*** Opening of Data for processing ***

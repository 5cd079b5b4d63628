-- ===== src/Stamps/Settled.antt =====
-- What the hash controller of a pool makes of the claims of the pool, and with it of their drift.
use frp_operator.Prelude.{
  String, ◌≡◌, refl, sym, ap, inl, inr, Bool, true, Option, none, some, List, [], ◌∷◌, All,
  string_eq, nat_eq, ◌==◌, Bool-cases, Option-cases, subst, ◌∙◌, All-map,
}
use frp_operator.Prelude.Maps.{lookup-insert_self}
use frp_operator.Kube.{ApiError}
use frp_operator.Api.{ObjectMeta}
use frp_operator.Disruption.Methods.{text_at}
use frp_operator.Stamps.{with_stamp, is_skipped, leave_alone, stamp_each}

-- The loops go on after this answer.
abbrev pub goes_on : Option ApiError → Bool
goes_on none = true
goes_on (some e) = is_skipped e

pub text_at-with_stamp :
    (key hash : String) (m : ObjectMeta) → text_at key (with_stamp key hash m).annotations ≡ hash
text_at-with_stamp key hash m = rw (text_at, lookup-insert_self key hash m.annotations) refl

module _ {A W : Type 0} (meta : A → ObjectMeta) (with_meta : A → ObjectMeta → A)
    (patch : A → W → Option ApiError × W) (mine : A → Bool) (key hash : String)
    (P : String → W → Type 0) where
  -- Objects with the hash: a patch with one that is answered so that the loop goes on makes `P` true of
  -- its name, and no patch with one ends `P` for any name.
  pub record Settling : Type 0 where
    pub reads_back : (a : A) (m : ObjectMeta) → meta (with_meta a m) ≡ m
    pub tried :
        (a : A) (w : W)
        → text_at key (meta a).annotations ≡ hash
        → goes_on (patch a w).0 ≡ true
        → P (meta a).name (patch a w).1
    pub kept :
        (name : String) (a : A) (w : W)
        → text_at key (meta a).annotations ≡ hash
        → P name w
        → P name (patch a w).1

  -- The object is due for the stamp.
  abbrev pub Due : A → Type 0
  Due a = ((meta a).deletion_timestamp ≡ none) × (mine a ≡ true)

  -- Of an object that has the hash, `P` is true already.
  abbrev pub Known : W → A → Type 0
  Known w a = text_at key (meta a).annotations ≡ hash → P (meta a).name w

  module _ (s : Settling) where
    abbrev new : A → A
    new a = with_meta a (with_stamp key hash (meta a))

    new_has : (a : A) → text_at key (meta (new a)).annotations ≡ hash
    new_has a =
        rw (s.reads_back a (with_stamp key hash (meta a))) (text_at-with_stamp key hash (meta a))

    stamp_each_keeps :
        (as' : List A) (name : String) (w : W)
        → P name w
        → P name (stamp_each meta with_meta patch mine key hash as' w).1
    unfolding stamp_each
    stamp_each_keeps [] name w p = p
    stamp_each_keeps (a ∷ as') name w p =
        elim (Bool-cases (leave_alone meta with_meta patch mine key hash a)) [
          | inl e ↦ rw (stamp_each, e) (stamp_each_keeps as' name w p)
          | inr e ↦
              let p1 = s.kept name (new a) w (new_has a) p in
              elim (Option-cases (patch (new a) w).0) [
                | inl f ↦ rw (stamp_each, e, f) (stamp_each_keeps as' name (patch (new a) w).1 p1)
                | inr (problem, f) ↦ elim (Bool-cases (is_skipped problem)) [
                  | inl g ↦
                      rw (stamp_each, e, f, g) (stamp_each_keeps as' name (patch (new a) w).1 p1)
                  | inr g ↦ rw (stamp_each, e, f, g) p1
                ]
              ]
        ]

    -- A due object that the loop leaves alone has the hash.
    left_alone_has :
        (a : A)
        → Due a
        → leave_alone meta with_meta patch mine key hash a ≡ true
        → text_at key (meta a).annotations ≡ hash
    unfolding leave_alone
    left_alone_has a (live, its) e =
        let same : (text_at key (meta a).annotations == hash) ≡ true =
          rw (leave_alone, live, its) at e in
        (string_eq.same_iff (text_at key (meta a).annotations) hash).0 same

    abbrev run : List A → W → Option ApiError × W
    run as' w = stamp_each meta with_meta patch mine key hash as' w

    abbrev Stamped : List A → Option ApiError × W → Type 0
    Stamped as' r = All (λ a. Due a → P (meta a).name r.1) as'

    -- The loop ends as the rest of it does, which has begun where `P` is true of the first object.
    first_settles :
        (a : A) (as' : List A) (w w1 : W)
        → run (a ∷ as') w ≡ run as' w1
        → (run (a ∷ as') w).0 ≡ none
        → (Due a → P (meta a).name w1)
        → ((run as' w1).0 ≡ none → Stamped as' (run as' w1))
        → Stamped (a ∷ as') (run (a ∷ as') w)
    first_settles a as' w w1 same h first rest = subst (Stamped (a ∷ as')) (sym same) (
      λ due. stamp_each_keeps as' (meta a).name w1 (first due),
      rest (ap (λ (r : Option ApiError × W). r.0) (sym same) ∙ h),
    )

    -- After a loop without an error `P` is true of every due object.
    pub stamp_each_settles :
        (as' : List A) (w : W)
        → (stamp_each meta with_meta patch mine key hash as' w).0 ≡ none
        → All (Known w) as'
        → All
            (λ a. Due a → P (meta a).name (stamp_each meta with_meta patch mine key hash as' w).1)
            as'
    unfolding stamp_each
    stamp_each_settles [] w h known = tt
    stamp_each_settles (a ∷ as') w h known =
        elim (Bool-cases (leave_alone meta with_meta patch mine key hash a)) [
          | inl e ↦
              first_settles a as' w w (rw (stamp_each, e) refl) h
                (λ due. known.0 (left_alone_has a due e))
                (λ h'. stamp_each_settles as' w h' known.1)
          | inr e ↦
              let w1 : W = (patch (new a) w).1 in
              let later : All (Known w1) as' =
                All-map as' (λ b k has. s.kept (meta b).name (new a) w (new_has a) (k has))
                  known.1 in
              let here : goes_on (patch (new a) w).0 ≡ true → P (meta a).name w1 = (λ goes.
                subst (λ (m : ObjectMeta). P m.name w1)
                  (s.reads_back a (with_stamp key hash (meta a)))
                  (s.tried (new a) w (new_has a) goes)) in
              elim (Option-cases (patch (new a) w).0) [
                | inl f ↦
                    first_settles a as' w w1 (rw (stamp_each, e, f) refl) h
                      (λ due. here (rw f refl)) (λ h'. stamp_each_settles as' w1 h' later)
                | inr (problem, f) ↦ elim (Bool-cases (is_skipped problem)) [
                  | inl g ↦
                      first_settles a as' w w1 (rw (stamp_each, e, f, g) refl) h
                        (λ due. here (rw f g)) (λ h'. stamp_each_settles as' w1 h' later)
                  | inr g ↦
                      let h' : some problem ≡ none = rw (stamp_each, e, f, g) at h in absurd cc
                ]
              ]
        ]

*** Close of Data for processing ***

» How to complete this task
Your reply must consist of the entire listing, repeated word for word.

» Exercise solution
repository 5cd079b5b4d63628
-- ===== src/Stamps/Settled.antt =====
-- What the hash controller of a pool makes of the claims of the pool, and with it of their drift.
use frp_operator.Prelude.{
  String, ◌≡◌, refl, sym, ap, inl, inr, Bool, true, Option, none, some, List, [], ◌∷◌, All,
  string_eq, nat_eq, ◌==◌, Bool-cases, Option-cases, subst, ◌∙◌, All-map,
}
use frp_operator.Prelude.Maps.{lookup-insert_self}
use frp_operator.Kube.{ApiError}
use frp_operator.Api.{ObjectMeta}
use frp_operator.Disruption.Methods.{text_at}
use frp_operator.Stamps.{with_stamp, is_skipped, leave_alone, stamp_each}

-- The loops go on after this answer.
abbrev pub goes_on : Option ApiError → Bool
goes_on none = true
goes_on (some e) = is_skipped e

pub text_at-with_stamp :
    (key hash : String) (m : ObjectMeta) → text_at key (with_stamp key hash m).annotations ≡ hash
text_at-with_stamp key hash m = rw (text_at, lookup-insert_self key hash m.annotations) refl

module _ {A W : Type 0} (meta : A → ObjectMeta) (with_meta : A → ObjectMeta → A)
    (patch : A → W → Option ApiError × W) (mine : A → Bool) (key hash : String)
    (P : String → W → Type 0) where
  -- Objects with the hash: a patch with one that is answered so that the loop goes on makes `P` true of
  -- its name, and no patch with one ends `P` for any name.
  pub record Settling : Type 0 where
    pub reads_back : (a : A) (m : ObjectMeta) → meta (with_meta a m) ≡ m
    pub tried :
        (a : A) (w : W)
        → text_at key (meta a).annotations ≡ hash
        → goes_on (patch a w).0 ≡ true
        → P (meta a).name (patch a w).1
    pub kept :
        (name : String) (a : A) (w : W)
        → text_at key (meta a).annotations ≡ hash
        → P name w
        → P name (patch a w).1

  -- The object is due for the stamp.
  abbrev pub Due : A → Type 0
  Due a = ((meta a).deletion_timestamp ≡ none) × (mine a ≡ true)

  -- Of an object that has the hash, `P` is true already.
  abbrev pub Known : W → A → Type 0
  Known w a = text_at key (meta a).annotations ≡ hash → P (meta a).name w

  module _ (s : Settling) where
    abbrev new : A → A
    new a = with_meta a (with_stamp key hash (meta a))

    new_has : (a : A) → text_at key (meta (new a)).annotations ≡ hash
    new_has a =
        rw (s.reads_back a (with_stamp key hash (meta a))) (text_at-with_stamp key hash (meta a))

    stamp_each_keeps :
        (as' : List A) (name : String) (w : W)
        → P name w
        → P name (stamp_each meta with_meta patch mine key hash as' w).1
    unfolding stamp_each
    stamp_each_keeps [] name w p = p
    stamp_each_keeps (a ∷ as') name w p =
        elim (Bool-cases (leave_alone meta with_meta patch mine key hash a)) [
          | inl e ↦ rw (stamp_each, e) (stamp_each_keeps as' name w p)
          | inr e ↦
              let p1 = s.kept name (new a) w (new_has a) p in
              elim (Option-cases (patch (new a) w).0) [
                | inl f ↦ rw (stamp_each, e, f) (stamp_each_keeps as' name (patch (new a) w).1 p1)
                | inr (problem, f) ↦ elim (Bool-cases (is_skipped problem)) [
                  | inl g ↦
                      rw (stamp_each, e, f, g) (stamp_each_keeps as' name (patch (new a) w).1 p1)
                  | inr g ↦ rw (stamp_each, e, f, g) p1
                ]
              ]
        ]

    -- A due object that the loop leaves alone has the hash.
    left_alone_has :
        (a : A)
        → Due a
        → leave_alone meta with_meta patch mine key hash a ≡ true
        → text_at key (meta a).annotations ≡ hash
    unfolding leave_alone
    left_alone_has a (live, its) e =
        let same : (text_at key (meta a).annotations == hash) ≡ true =
          rw (leave_alone, live, its) at e in
        (string_eq.same_iff (text_at key (meta a).annotations) hash).0 same

    abbrev run : List A → W → Option ApiError × W
    run as' w = stamp_each meta with_meta patch mine key hash as' w

    abbrev Stamped : List A → Option ApiError × W → Type 0
    Stamped as' r = All (λ a. Due a → P (meta a).name r.1) as'

    -- The loop ends as the rest of it does, which has begun where `P` is true of the first object.
    first_settles :
        (a : A) (as' : List A) (w w1 : W)
        → run (a ∷ as') w ≡ run as' w1
        → (run (a ∷ as') w).0 ≡ none
        → (Due a → P (meta a).name w1)
        → ((run as' w1).0 ≡ none → Stamped as' (run as' w1))
        → Stamped (a ∷ as') (run (a ∷ as') w)
    first_settles a as' w w1 same h first rest = subst (Stamped (a ∷ as')) (sym same) (
      λ due. stamp_each_keeps as' (meta a).name w1 (first due),
      rest (ap (λ (r : Option ApiError × W). r.0) (sym same) ∙ h),
    )

    -- After a loop without an error `P` is true of every due object.
    pub stamp_each_settles :
        (as' : List A) (w : W)
        → (stamp_each meta with_meta patch mine key hash as' w).0 ≡ none
        → All (Known w) as'
        → All
            (λ a. Due a → P (meta a).name (stamp_each meta with_meta patch mine key hash as' w).1)
            as'
    unfolding stamp_each
    stamp_each_settles [] w h known = tt
    stamp_each_settles (a ∷ as') w h known =
        elim (Bool-cases (leave_alone meta with_meta patch mine key hash a)) [
          | inl e ↦
              first_settles a as' w w (rw (stamp_each, e) refl) h
                (λ due. known.0 (left_alone_has a due e))
                (λ h'. stamp_each_settles as' w h' known.1)
          | inr e ↦
              let w1 : W = (patch (new a) w).1 in
              let later : All (Known w1) as' =
                All-map as' (λ b k has. s.kept (meta b).name (new a) w (new_has a) (k has))
                  known.1 in
              let here : goes_on (patch (new a) w).0 ≡ true → P (meta a).name w1 = (λ goes.
                subst (λ (m : ObjectMeta). P m.name w1)
                  (s.reads_back a (with_stamp key hash (meta a)))
                  (s.tried (new a) w (new_has a) goes)) in
              elim (Option-cases (patch (new a) w).0) [
                | inl f ↦
                    first_settles a as' w w1 (rw (stamp_each, e, f) refl) h
                      (λ due. here (rw f refl)) (λ h'. stamp_each_settles as' w1 h' later)
                | inr (problem, f) ↦ elim (Bool-cases (is_skipped problem)) [
                  | inl g ↦
                      first_settles a as' w w1 (rw (stamp_each, e, f, g) refl) h
                        (λ due. here (rw f g)) (λ h'. stamp_each_settles as' w1 h' later)
                  | inr g ↦
                      let h' : some problem ≡ none = rw (stamp_each, e, f, g) at h in absurd cc
                ]
              ]
        ]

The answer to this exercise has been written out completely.